Recently, like all too many people these days, I found myself in the position of needing to find a new job.  Now before you give up on this blog I promise not to rant on about how bad things are; rather I’ll talk about a topic that came to mind while I was preparing for an interview.   You all know the drill; you plan your program, develop the specs and the team starts cranking on the development.  Then reality sets in and the program does not go according to the plan and the team has to adjust.  Most of the time the adjustments aren’t too big a deal; however, every once in a while you come across a whopper that not only has a major impact to the program but to the company as well, this is the “Tough Conversation” I am referring to. 
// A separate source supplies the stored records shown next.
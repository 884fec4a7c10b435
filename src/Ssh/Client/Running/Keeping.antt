-- ===== src/Ssh/Client/Running/Keeping.antt =====
-- internal/ssh/client.go: what each step of `Run` and of the other methods keeps.
use mathlib.Core.Path.{subst}
use port_forwarder.Base.{
  ℕ, suc, ◌≡◌, ◌≢◌, refl, sym, ap, ◌∙◌, inl, inr, Bool, true, false, ◌||◌, Option, List, [], ◌∷◌,
  ◌++◌, ◌==◌, if◌then◌else◌, arith, nat_eq, Bool-cases,
}
use port_forwarder.Base.Text.{Text, text_eq}
use port_forwarder.Base.Map.{Map, lookup-insert}
use port_forwarder.Net.{Listener}
use port_forwarder.Ssh.Client.{
  Client, ClientRule, Error, subscribe, add, remove, drain_listeners, cancelled, fail_all,
}
use port_forwarder.Ssh.Client.Running.{
  second, Phase, dialling, connecting, subscribing, up, clearing, ended, Call, Runner, values,
  listeners, rule_ids, call_ids, phase_ids, holds, without, under_way, IsLive, fail_new, note,
  take_all, close_one,
}
use port_forwarder.Ssh.Client.Running.Owners.{
  Excused, Inv, insert-Excused, erase-Excused, subscribe-Inv, fail_new-Inv, note-Inv, add-Inv,
  remove-Inv,
}
use port_forwarder.Ssh.Client.Running.Keys.{
  Keyed, insert-Keyed, erase-Keyed, values-lookup, subscribe-pending, fail_new-pending, add-pending,
  remove-pending, fail_all-pending,
}
use port_forwarder.Ssh.Client.Running.Closing.{
  holds-append, holds-without, rule_ids-middle, call_ids-middle, Known, drained, fail_all-Inv,
  cancelled-Inv, take_all-Inv, close_one-Inv,
}
use port_forwarder.Ssh.Client.Running.Idling.{
  Idle, step-Idle, fail_all-Idle, add-Idle, remove-Idle, fail_new-Idle,
}

-- What holds of a client in `Run` with the calls that are under way.
pub record Good (base : ℕ → Type 0) (x : Runner) : Type 0 where
  pub keyed : Keyed x.client.pending
  pub inv : Inv (Known base x.closing) x.raced x.client
  pub excused : (k : Text) → under_way k x ≡ true → Excused x.client.pending x.raced k
  pub idle : Idle x.phase x.client

-- What `removes` notes says the same of the other IDs, and of its own if it was under way.
noted-holds :
    (k id : Text) (b : Bool) (raced : List Text)
    → k ≢ id
    → holds k (if b then id ∷ raced else without id raced) ≡ holds k raced
noted-holds k id true raced other = ground arith
noted-holds k id false raced other = holds-without k id raced other

noted-mine :
    (k id : Text) (b : Bool) (raced : List Text)
    → k ≡ id
    → b ≡ true
    → holds k (if b then id ∷ raced else without id raced) ≡ true
noted-mine k id true raced mine is = ground arith
noted-mine k id false raced mine is = absurd (ground arith)

live-Idle : (p : Phase) (c : Client) → IsLive p → Idle p c
live-Idle dialling c live = absurd live
live-Idle clearing c live = absurd live
live-Idle ended c live = absurd live
live-Idle connecting c live = tt
live-Idle (subscribing rs) c live = tt
live-Idle up c live = tt

-- The rules and the notes are as before, and nothing more is under way.
same-Excused :
    {base : ℕ → Type 0} {x : Runner} (g : Good base x) {rules : Map ClientRule}
    → rules ≡ x.client.pending
    → (k : Text) → under_way k x ≡ true
    → Excused rules x.raced k
same-Excused {x = x} g same k w = subst (λ p. Excused p x.raced k) (sym same) (g.excused k w)

-- The steps of the goroutine of `Run`.
module _ {base : ℕ → Type 0} {x : Runner} (g : Good base x) where
  pub dial_fails-Good :
      (err : Error) (b : ℕ) → Good base (record x { client = fail_all err x.client; backoff = b })
  dial_fails-Good err b = record {
    keyed = subst Keyed (sym (fail_all-pending err x.client)) g.keyed;
    inv = fail_all-Inv err x.client g.inv;
    excused = same-Excused g (fail_all-pending err x.client);
    idle = fail_all-Idle x.phase err x.client g.idle;
  }

  pub connects-Good : Good base (record x {
    client = drain_listeners (record x.client { conn = true });
    phase = connecting;
    backoff = second;
    session = suc x.session;
  })
  connects-Good = record {
    keyed = g.keyed;
    inv = drained x.client _ g.inv refl refl;
    excused = λ k w. g.excused k (ground arith);
    idle = tt;
  }

  pub snapshots-Good : Good base (record x { phase = subscribing (values x.client.pending) })
  snapshots-Good = record {
    keyed = g.keyed;
    inv = g.inv;
    excused = λ k w. elim (Bool-cases (holds k (rule_ids (values x.client.pending)))) [
      | inl taken ↦ inl (values-lookup k x.client.pending g.keyed taken)
      | inr other ↦ g.excused k (ground (arith, other))
    ];
    idle = tt;
  }

  pub subscribes-Good :
      (front : List ClientRule) (r : ClientRule) (back : List ClientRule)
      → x.phase ≡ subscribing (front ++ r ∷ back)
      → Good base (record x { client = subscribe r x.client; phase = subscribing (front ++ back) })
  subscribes-Good front r back is =
      let taken : (k : Text)
          → under_way k x
            ≡ ((k == r.id) || holds k (rule_ids (front ++ back))) || holds k (call_ids x.calls) =
        λ k. rw is (rw (rule_ids-middle k front r back) refl) in
      record {
        keyed = subst Keyed (sym (subscribe-pending r x.client)) g.keyed;
        inv = subscribe-Inv r x.client (g.excused r.id (ground (arith, taken r.id))) g.inv;
        excused = λ k w. same-Excused g (subscribe-pending r x.client) k (ground (arith, taken k));
        idle = tt;
      }

  pub waits-Good : x.phase ≡ subscribing [] → Good base (record x { phase = up })
  waits-Good is = record {
    keyed = g.keyed;
    inv = g.inv;
    excused = λ k w. g.excused k (ground arith);
    idle = tt;
  }

  pub drops-Good : Good base (record x { client = drain_listeners x.client; phase = clearing })
  drops-Good = record {
    keyed = g.keyed;
    inv = drained x.client _ g.inv refl refl;
    excused = λ k w. g.excused k (ground arith);
    idle = refl;
  }

  pub clears-Good :
      x.phase ≡ clearing → Good base (record x { client = cancelled x.client; phase = dialling })
  unfolding cancelled
  clears-Good is = record {
    keyed = g.keyed;
    inv = cancelled-Inv x.client g.inv;
    excused = λ k w. g.excused k (ground arith);
    idle = (subst (λ p. Idle p x.client) is g.idle, refl);
  }

  pub cancels-Good : Good base (record x { client = cancelled x.client; phase = ended })
  unfolding cancelled
  cancels-Good = record {
    keyed = g.keyed;
    inv = cancelled-Inv x.client g.inv;
    excused = λ k w. g.excused k (ground arith);
    idle = tt;
  }

  pub cancels_dial-Good :
      (err : Error) (b : ℕ)
      → Good base (record x { client = fail_all err x.client; phase = ended; backoff = b })
  cancels_dial-Good err b = record {
    keyed = subst Keyed (sym (fail_all-pending err x.client)) g.keyed;
    inv = fail_all-Inv err x.client g.inv;
    excused = λ k w. same-Excused g (fail_all-pending err x.client) k (ground arith);
    idle = tt;
  }

  pub ends-Good : Good base (record x { phase = ended })
  ends-Good = record {
    keyed = g.keyed;
    inv = g.inv;
    excused = λ k w. g.excused k (ground arith);
    idle = tt;
  }

-- The steps of the other methods.
module _ {base : ℕ → Type 0} {x : Runner} (g : Good base x) where
  pub adds_offline-Good :
      (r : ClientRule) → x.client.conn ≡ false → Good base (record x { client = add r x.client })
  adds_offline-Good r down = record {
    keyed = subst Keyed (sym (add-pending r x.client)) (insert-Keyed r x.client.pending g.keyed);
    inv = add-Inv r x.client down g.inv;
    excused = λ k w.
        subst (λ p. Excused p x.raced k) (sym (add-pending r x.client))
          (insert-Excused r x.client.pending x.raced k (g.excused k w));
    idle = add-Idle x.phase r x.client down g.idle;
  }

  pub adds_online-Good :
      (r : ClientRule)
      → Good base (record x {
        client = note r x.client;
        calls = record { rule = r; session = x.session } ∷ x.calls;
      })
  adds_online-Good r = record {
    keyed = insert-Keyed r x.client.pending g.keyed;
    inv = note-Inv r x.client g.inv;
    excused = λ k w. elim (text_eq.dec k r.id) [
      | yes mine ↦ inl (r, ground (arith, lookup-insert k r.id r x.client.pending))
      | no other ↦ insert-Excused r x.client.pending x.raced k (g.excused k (ground arith))
    ];
    idle = step-Idle x.phase x.client _ (λ e. e) (λ e. e) g.idle;
  }

  pub call_subscribes-Good :
      (front : List Call) (c : Call) (back : List Call)
      → x.calls ≡ front ++ c ∷ back
      → IsLive x.phase
      → Good base (record x { client = subscribe c.rule x.client; calls = front ++ back })
  call_subscribes-Good front c back is live =
      let r = c.rule in
      let taken : (k : Text)
          → under_way k x
            ≡ (holds k (phase_ids x.phase) || ((k == r.id) || holds k (call_ids (front ++ back)))) =
        λ k. rw is (rw (call_ids-middle k front c back) refl) in
      record {
        keyed = subst Keyed (sym (subscribe-pending r x.client)) g.keyed;
        inv = subscribe-Inv r x.client (g.excused r.id (ground (arith, taken r.id))) g.inv;
        excused = λ k w. same-Excused g (subscribe-pending r x.client) k (ground (arith, taken k));
        idle = live-Idle x.phase (subscribe r x.client) live;
      }

  pub call_fails-Good :
      (front : List Call) (c : Call) (back : List Call) (o : Option Listener)
      → x.calls ≡ front ++ c ∷ back
      → Good base (record x { client = fail_new c.rule o x.client; calls = front ++ back })
  call_fails-Good front c back o is =
      let r = c.rule in
      let taken : (k : Text)
          → under_way k x
            ≡ (holds k (phase_ids x.phase) || ((k == r.id) || holds k (call_ids (front ++ back)))) =
        λ k. rw is (rw (call_ids-middle k front c back) refl) in
      record {
        keyed = subst Keyed (sym (fail_new-pending r o x.client)) g.keyed;
        inv = fail_new-Inv r o x.client g.inv;
        excused = λ k w. same-Excused g (fail_new-pending r o x.client) k (ground (arith, taken k));
        idle = fail_new-Idle x.phase r o x.client g.idle;
      }

  pub removes-Good :
      (id : Text)
      → Good base (record x {
        client = remove id x.client;
        raced = if under_way id x then id ∷ x.raced else without id x.raced;
      })
  removes-Good id =
      let raced' = if under_way id x then id ∷ x.raced else without id x.raced in
      let kept : (k : Text) → k ≢ id → holds k raced' ≡ holds k x.raced =
        λ k other. noted-holds k id (under_way id x) x.raced other in
      record {
        keyed =
            subst Keyed (sym (remove-pending id x.client))
              (erase-Keyed id x.client.pending g.keyed);
        inv = remove-Inv raced' id x.client kept g.inv;
        excused = λ k w.
            subst (λ p. Excused p raced' k) (sym (remove-pending id x.client))
              (elim (text_eq.dec k id) [
                | yes mine ↦ inr (
                    noted-mine k id (under_way id x) x.raced mine
                      (ap (λ j. under_way j x) (sym mine) ∙ w))
                | no other ↦
                    erase-Excused id x.client.pending x.raced raced' k other (kept k other)
                      (g.excused k w)
              ]);
        idle = remove-Idle x.phase id x.client g.idle;
      }

  pub shuts-Good : Good base (record x {
    client = take_all x.client;
    closing = listeners x.client.lns ++ x.closing;
    raced = phase_ids x.phase ++ call_ids x.calls;
  })
  shuts-Good = record {
    keyed = tt;
    inv = take_all-Inv (phase_ids x.phase ++ call_ids x.calls) x.client x.closing g.inv;
    excused = λ k w. inr (holds-append k (phase_ids x.phase) (call_ids x.calls) ∙ w);
    idle = step-Idle x.phase x.client _ (λ _. refl) (λ _. refl) g.idle;
  }

  pub closes-Good :
      (front : List Listener) (ln : Listener) (back : List Listener)
      → x.closing ≡ front ++ ln ∷ back
      → Good base (record x { client = close_one ln x.client; closing = front ++ back })
  closes-Good front ln back is = record {
    keyed = g.keyed;
    inv =
        close_one-Inv front ln back x.client
          (subst (λ l. Inv (Known base l) x.raced x.client) is g.inv);
    excused = g.excused;
    idle = step-Idle x.phase x.client _ (λ e. e) (λ e. e) g.idle;
  }
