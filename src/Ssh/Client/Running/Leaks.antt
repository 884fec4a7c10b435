-- ===== src/Ssh/Client/Running/Leaks.antt =====
-- internal/ssh/client.go: `Run` leaves no listener open that it does not know.
use port_forwarder.Base.{ℕ, ◌≡◌, refl, inl, true, some, arith, nat_eq}
use port_forwarder.Base.Text.{Text, text_eq}
use port_forwarder.Base.Map.{lookup, lookup-nil}
use port_forwarder.Net.{Net, Listener, is_open}
use port_forwarder.Ssh.Client.{new_client}
use port_forwarder.Ssh.Client.Running.{
  Runner, start, Step, dial_fails, connects, snapshots, subscribes, waits, drops, clears, cancels,
  cancels_dial, ends, adds_offline, adds_online, call_subscribes, call_fails, removes, shuts,
  closes, Steps, here, after,
}
use port_forwarder.Ssh.Client.Running.Owners.{Held, Excused}
use port_forwarder.Ssh.Client.Running.Closing.{Known}
use port_forwarder.Ssh.Client.Running.Idling.{Idle}
use port_forwarder.Ssh.Client.Running.Keeping.{
  Good, dial_fails-Good, connects-Good, snapshots-Good, subscribes-Good, waits-Good, drops-Good,
  clears-Good, cancels-Good, cancels_dial-Good, ends-Good, adds_offline-Good, adds_online-Good,
  call_subscribes-Good, call_fails-Good, removes-Good, shuts-Good, closes-Good,
}

Good-Step : {base : ℕ → Type 0} {x y : Runner} → Good base x → Step x y → Good base y
Good-Step g (dial_fails err x is) = dial_fails-Good g err _
Good-Step g (connects x is) = connects-Good g
Good-Step g (snapshots x is) = snapshots-Good g
Good-Step g (subscribes front r back x is) = subscribes-Good g front r back is
Good-Step g (waits x is) = waits-Good g is
Good-Step g (drops x is) = drops-Good g
Good-Step g (clears x is) = clears-Good g is
Good-Step g (cancels x is) = cancels-Good g
Good-Step g (cancels_dial err x is) = cancels_dial-Good g err _
Good-Step g (ends x is) = ends-Good g
Good-Step g (adds_offline r x down) = adds_offline-Good g r down
Good-Step g (adds_online r x conn) = adds_online-Good g r
Good-Step g (call_subscribes front c back x is session live) =
    call_subscribes-Good g front c back is live
Good-Step g (call_fails front c back x is) = call_fails-Good g front c back _ is
Good-Step g (removes id x) = removes-Good g id
Good-Step g (shuts x) = shuts-Good g
Good-Step g (closes front ln back x is) = closes-Good g front ln back is

Good-Steps : {base : ℕ → Type 0} {x y : Runner} → Good base x → Steps x y → Good base y
Good-Steps g (here x) = g
Good-Steps g (after step rest) = Good-Steps (Good-Step g step) rest

-- What holds of a client in `Run`: a listener has a rule, or its rule was taken away while it was
-- under way; what is open was open before, is the client's or is about to be closed; while it dials,
-- it has none.
pub record Tidy (net : Net) (x : Runner) : Type 0 where
  pub covered :
      (k : Text) (ln : Listener)
      → lookup k x.client.lns ≡ some ln
      → Excused x.client.pending x.raced k
  pub held :
      (h : ℕ)
      → is_open h x.client.net.open_lns ≡ true
      → Held (Known (λ j. is_open j net.open_lns ≡ true) x.closing) x.client.lns h
  pub idle : Idle x.phase x.client

-- `Run` of a new client, with any calls of `Add`, `Remove` and `Shutdown` between the sections of its
-- steps and of each other: at every moment, each listener of the client belongs to a rule that it
-- has, but for an ID whose last `Remove`, or a later `Shutdown`, came while a subscription of it was
-- under way: behind the snapshot of `subscribeAll` that has the rule, or between the two sections of
-- an `Add`. A listener that is open on the SSH server was open before, is one of the client's, or
-- is one that a `Shutdown` has taken and is about to close. While the client dials, it has no
-- listener and no connection; between the end of a connection and `clearConn`, it has no listener.
pub start-Tidy :
    (addr : Text) (net : Net) {x : Runner} → Steps (start (new_client addr net)) x → Tidy net x
start-Tidy addr net {x} steps =
    let first : Good (λ j. is_open j net.open_lns ≡ true) (start (new_client addr net)) = record {
      keyed = tt;
      inv = record {
        covered = λ k ln at. absurd (ground (arith, lookup-nil {V = Listener} k));
        held = λ h o. inl (inl o);
      };
      excused = λ k w. absurd (ground arith);
      idle = (refl, refl);
    } in
    let g = Good-Steps first steps in
    record { covered = g.inv.covered; held = g.inv.held; idle = g.idle }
I was working on a project to deliver the companies next major platform.  This product was to be a significant step forward for our equipment and we needed it to leapfrog the competition.  We were well into Phase 1 (so the plan was almost fully baked and the product was specified).  However, shortly before we presented the Phase 1 exit the product manager and I realized that the competition was going to beat us to the punch and the product would not have the desired impact nor would it generate the necessary revenue.  The solution required a major redesign of the system architecture, which was a significant problem by itself given the cost issues associated with it.  However, the challenges here went significantly deeper since the redesign would require us to either delay the delivery by at least six months or drop an internal ASIC development.  We knew that we could not delay the product by six months and the subject of eliminating the ASIC effort from this program was both emotionally and politically charged, so we had to have the “Tough Conversation”.  The question I had to ask myself was; what is the best way to go about having this conversation in order to achieve the best outcome for the company.  Note: we knew that depending on which path was recommended the discussion would either end with the CEO and his staff or with the Board of Directors.  What I settled on was the following and it really tested my soft program management skills:

  1. Stick to the facts:  Remove the emotion from the discussion in order to evaluate the trade offs and come to what the data says is the best decision.
    • Address the issues not the individual:  At times you may need to let people on both sides of the debate vent but always bring it back to the facts before the conversation gets personal.
  2. Be sure you have the schedule, cost, and technology trade offs and impacts fully understood (in short lean heavily on your experts to get all the pertinent data)
  3. Identify the key stake holders at all levels and work with them:
    • This will likely need to happen in parallel with step four.
    • Ensure they are not caught by surprise in a larger audience.
    • Understand their concerns and inputs and bring them back to the experts for consideration.
  4. Work the conversation up the corporate ladder:
    • Start with the core team and key stake holders at that level, document the facts and come up with a clear recommendation with solid data to support it.
    • Next move the conversation to the functional managers followed by the executives.
    • Remember this is likely to be an iterative conversation so you may go up and down a few times.
  5. Don’t get married to any one solution:  Seriously, if you are married to a solution you are emotionally tied to it.  Remember, you are moving the issue up the ladder for a reason and as you expand the conversation new questions and data will come to light that may force you to change the recommendation.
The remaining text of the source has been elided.